Раскрыла папку, нашла под рисунками ксерокопию письма, которое Гилье прислала мама. С тяжелым сердцем взяла, закрыла папку, положила копию сверху. Сличила листки, и все сомнения отпали: одна и та же рука.
Один и тот же автор.
Гилье
В середине августа мама, папа и я поехали в Лондон, это столица Англии, потому что там говорят на английском и всегда идет дождь, а еще потому что там живет Мэри Поппинс, когда у нее есть работа. Я никогда не летал на самолете, а мама много кого знает, потому что она стюардесса, и мне разрешили посидеть рядом с пилотом, он с рыжими усами и смеется, как пират, потому что он австралиец, это как англичанин, только лететь намного дальше.
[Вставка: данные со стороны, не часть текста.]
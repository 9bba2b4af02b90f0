-- ===== src/Rooms/Locks.antt =====
-- The mutexes of RoomManager.cpp and Room.cpp, as several workers take them: `_mutex` of the manager and
-- `_mutex` of each room. The database's mutex is left out: who holds it waits for no other. Whether a
-- room's set of sessions is empty, when its last session may have left, is left open.
pub mod Holders
pub mod Deadlock
use yuwibo_server.Prelude.{
  ℕ, zero, suc, ◌≡◌, ◌≢◌, refl, sym, ap, ◌∙◌, Bool, true, false, not, ◌&&◌, ◌||◌, List, [], ◌∷◌,
  Option, some, arith, ◌==◌, ==_iff, set, get_elem?, get_elem?-set_other, get_elem?-set_same, subst,
  some-injective, Bool-cases, inl, inr, ◌⊎◌,
}

-- Where a worker's thread stands.
pub data Place : Type 0 where
  -- It holds no mutex.
  outside : Place
  -- In CreateRoom, before the manager's mutex; with it, before the new room's; with both; and after
  -- Enter has returned.
  before_create : Place
  before_enter : ℕ → Place
  in_enter : ℕ → Place
  after_enter : Place
  -- In Enter, Leave or Broadcast of a room that is there: before its mutex, and with it.
  before_room : ℕ → Place
  in_room : ℕ → Place
  -- In RemoveRoom, called by Leave: before the manager's mutex, with both, and after it.
  before_remove : ℕ → Place
  in_remove : ℕ → Place
  after_remove : ℕ → Place

pub data Mutex : Type 0 where
  of_manager : Mutex
  of_room : ℕ → Mutex

abbrev pub holds : Mutex → Place → Bool
holds of_manager (before_enter k) = true
holds of_manager (in_enter k) = true
holds of_manager after_enter = true
holds of_manager (in_remove k) = true
holds of_manager p = false
holds (of_room n) (in_enter k) = k == n
holds (of_room n) (in_room k) = k == n
holds (of_room n) (before_remove k) = k == n
holds (of_room n) (in_remove k) = k == n
holds (of_room n) (after_remove k) = k == n
holds (of_room n) p = false

abbrev pub is_held : Mutex → List Place → Bool
is_held m [] = false
is_held m (p ∷ ps) = holds m p || is_held m ps

-- What a thread does next: it goes on, or takes a mutex.
pub data Moves : Place → Place → Type 0 where
  creates : Moves outside before_create
  visits : (k : ℕ) → Moves outside (before_room k)
  enters : (k : ℕ) → Moves (in_enter k) after_enter
  created : Moves after_enter outside
  visited : (k : ℕ) → Moves (in_room k) outside
  empties : (k : ℕ) → Moves (in_room k) (before_remove k)
  removes : (k : ℕ) → Moves (in_remove k) (after_remove k)
  removed : (k : ℕ) → Moves (after_remove k) outside

pub data Takes : Mutex → Place → Place → Type 0 where
  takes_manager : (k : ℕ) → Takes of_manager before_create (before_enter k)
  takes_new_room : (k : ℕ) → Takes (of_room k) (before_enter k) (in_enter k)
  takes_room : (k : ℕ) → Takes (of_room k) (before_room k) (in_room k)
  takes_manager_too : (k : ℕ) → Takes of_manager (before_remove k) (in_remove k)

-- One step of one thread; a mutex is taken only if nobody holds it.
pub data Step (ps : List Place) : List Place → Type 0 where
  goes_on : (i : ℕ) (p p' : Place) → get_elem? ps i ≡ some p → Moves p p' → Step ps (set ps i p')
  takes :
      (i : ℕ) (m : Mutex) (p p' : Place)
      → get_elem? ps i ≡ some p
      → Takes m p p'
      → is_held m ps ≡ false
      → Step ps (set ps i p')

pub data Steps (ps : List Place) : List Place → Type 0 where
  none_taken : Steps ps ps
  then_step : (qs rs : List Place) → Steps ps qs → Step qs rs → Steps ps rs

-- A thread waits for a mutex that is held.
abbrev pub IsBlocked : List Place → Place → Type 0
IsBlocked ps p =
    ((p' : Place) → Moves p p' → ⊥)
    × ((m : Mutex) (p' : Place) → Takes m p p' → is_held m ps ≡ true)

-- One thread is to enter the room that it creates, and another one holds that room's mutex and is to
-- remove the room.
abbrev pub IsCrossed : ℕ → ℕ → ℕ → List Place → Type 0
IsCrossed i j k ps =
    (get_elem? ps i ≡ some (before_enter k)) × (get_elem? ps j ≡ some (before_remove k))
У папы было плохое настроение и, наверно, грустное. Мы должны были лететь назад домой без мамы, потому что она ехала работать в Дубай, и они все время спорили, и папа говорил «нет», а мама говорила «да», папа говорил «не хочу», а мама говорила «а я хочу», и так все время, с весны, поэтому у мамы было много чемоданов, а у нас только спортивная сумка, очень маленькая, мы ее положили в шкаф на потолке самолета.
Когда мы прилетели в Лондон, солнце уже не светило и капал дождь, но это было даже к лучшему, потому что было нежарко и мама много смеялась, когда папа стал говорить на английском, а сеньора на кассе на вокзале его не поняла и сделала бровями вот так, как клоуны, но это была черная сеньора с цветными штучками в волосах. Потом мы пришли в гостиницу, и там везде были ковры, чтобы пол не пачкался, даже в лифте, я папа сказал:
— Во дают эти англичане — ковры, ковры, везде ковры. Даже на стенах ковры.
Сеньор в форме с пуговицами, он живет в лифте, засмеялся, но не очень громко, потому что он аргентинец, совсем как сеньор Эмилио, и сказал:
— Да, англичане есть англичане, уж я-то знаю.
Вот и все.
Потом мы пошли к Биг-Бену, это те самые огромные часы со стрелками, которые показывают в «Питере Пэне», когда они летают ночью, и в музей, где спят древние мумии и гуляют японцы, много-много японцев, но он такой большой и там такая куча всего, что мама, наконец, сказала:
— Мальчики, хотите поесть во вьетнамском кафе?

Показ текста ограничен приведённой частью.